Thierry Modo Abouna

Personal information
- Full name: Thierry Bernardi Modo Abouna
- Date of birth: May 20, 1981 (age 44)
- Place of birth: Yaoundé, Cameroon
- Height: 1.70 m (5 ft 7 in)
- Position: Striker

Youth career
- 1996–1997: Olympique Mvolyé

Senior career*
- Years: Team / Apps / (Gls)
- 1997–1999: Canon Yaoundé
- 1999–2000: Tonnerre Yaoundé
- 2001: Bahlinger SC
- 2002: Tonnerre Yaoundé
- 2002–2004: RCD Mallorca
- 2004–2007: AEL
- 2007–2010: Villemomble Sports

International career
- 1999: Cameroon U-20 / 3 / (0)

= Thierry Modo Abouna =

Cameroonian footballer (born 1981)

Thierry Bernardi Modo Abouna (born May 20, 1981, in Yaoundé, Cameroon) is a retired Cameroonian soccer player.

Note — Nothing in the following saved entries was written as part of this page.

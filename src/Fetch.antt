-- ===== src/Fetch.antt =====
-- SP_HW/SP_HW9/52_3: a client asks a server for a file, and the server sends it in messages to the
-- queue of the client (posixmq_file_server.c, posixmq_file_client.c). A message is received in the
-- order in which it was sent.
pub mod Blocks
pub mod Failures
pub mod Request
pub mod Names
pub mod Queues
pub mod Served
use sp_hw.Base.{
  ℕ, zero, suc, ◌+◌, ◌-◌, Bool, true, false, List, [], ◌∷◌, ◌++◌, Option, none, some, if◌then◌else◌,
  ltb, length, replicate, Bytes, codes, cstr, Calls,
}

-- RESP_TYPE_FAILURE, RESP_TYPE_DATA and RESP_TYPE_END
pub data Kind : Type 0 where
  failure data_kind end_kind : Kind

-- `struct res`: the type and the array `content`.
pub record Response : Type 0 where
  pub kind : Kind
  pub content : Bytes

-- sizeof(response.content)
abbrev pub content_size : ℕ
content_size = 128

-- A block read into an array of zeros.
unfoldable pub in_array : Bytes → Bytes
in_array block = block ++ replicate (content_size - length block) 0

-- The message behind the loop. Its content is what the array holds then.
unfoldable pub send_end : Calls → ℕ → Bytes → List Response
send_end sends k content =
    if sends k then record { kind = end_kind; content = content } ∷ [] else []

-- The loop over the blocks that `read` brings, before its 0 or -1, with the number of the next
-- `mq_send`. A send that fails ends the loop.
unfoldable pub send_blocks : Calls → ℕ → List Bytes → List Response
unfolding send_end in_array
send_blocks sends k [] = send_end sends k (in_array [])
send_blocks sends k (block ∷ blocks) =
    let rest = send_blocks sends (suc k) blocks in
    if sends k
    then record { kind = data_kind; content = in_array block } ∷ rest
    else send_end sends (suc k) (in_array block)

abbrev pub not_opened : Bytes
not_opened = codes "Couldn't open the file\n"

-- What arrives in the queue of the client: nothing if the queue cannot be opened, a failure if the
-- file cannot, and its blocks otherwise. The array is not set before the failure: behind the text
-- stands what was there.
unfoldable pub serve_request : Bool → Bytes → Calls → Option (List Bytes) → List Response
unfolding send_blocks
serve_request false before sends file = []
serve_request true before sends none =
    if sends 0 then record { kind = failure; content = not_opened ++ 0 ∷ before } ∷ [] else []
serve_request true before sends (some blocks) = send_blocks sends 0 blocks

-- How the client ends: with a failure, with the number of its messages, waiting for a message that
-- does not come, or in a `printf` that reads behind the array. The bytes are those printed.
pub data Fetched : Type 0 where
  refused : Bytes → Fetched
  complete : Bytes → ℕ → Fetched
  waiting : Bytes → Fetched
  overruns : Bytes → Fetched

-- `printf("%s", response.content)` needs a NUL in the array.
unfoldable pub shown : Bytes → Option Bytes
unfolding cstr
shown content = if ltb (length (cstr content)) content_size then some (cstr content) else none

-- Behind a message that was printed: the loop goes on as long as the type is DATA. `receive_next` is
-- its next round, with what is printed.
unfoldable pub after_message : Kind → Bytes → ℕ → Fetched → Fetched
after_message data_kind printed count next_round = next_round
after_message failure printed count next_round = complete printed count
after_message end_kind printed count next_round = complete printed count

unfoldable pub after_print : Option Bytes → Kind → Bytes → ℕ → (Bytes → Fetched) → Fetched
unfolding after_message
after_print none kind printed count next_round = overruns printed
after_print (some text) kind printed count next_round =
    after_message kind (printed ++ text) count (next_round (printed ++ text))

-- The loop of the client, with what is printed and the messages received so far.
unfoldable pub receive_rest : List Response → Bytes → ℕ → Fetched
unfolding after_print shown
receive_rest [] printed count = waiting printed
receive_rest (m ∷ messages) printed count =
    after_print (shown m.content) m.kind printed (suc count)
      (λ now. receive_rest messages now (suc count))

unfoldable pub after_first : Kind → Option Bytes → (Bytes → Fetched) → Fetched
after_first kind none next_round = overruns []
after_first failure (some text) next_round = refused text
after_first data_kind (some text) next_round = next_round text
after_first end_kind (some text) next_round = complete text 1

-- The client, from its first message on.
unfoldable pub receive : List Response → Fetched
unfolding receive_rest after_first shown
receive [] = waiting []
receive (m ∷ messages) = after_first m.kind (shown m.content) (λ text. receive_rest messages text 1)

He played in various countries throughout his career, including for RCD Mallorca of Spain, AEL of Greece, Bahlinger SC of Germany and Villemomble Sports of France.

He played for the Cameroon national football team U-20 appearing in the 1999 FIFA U-20 World Cup.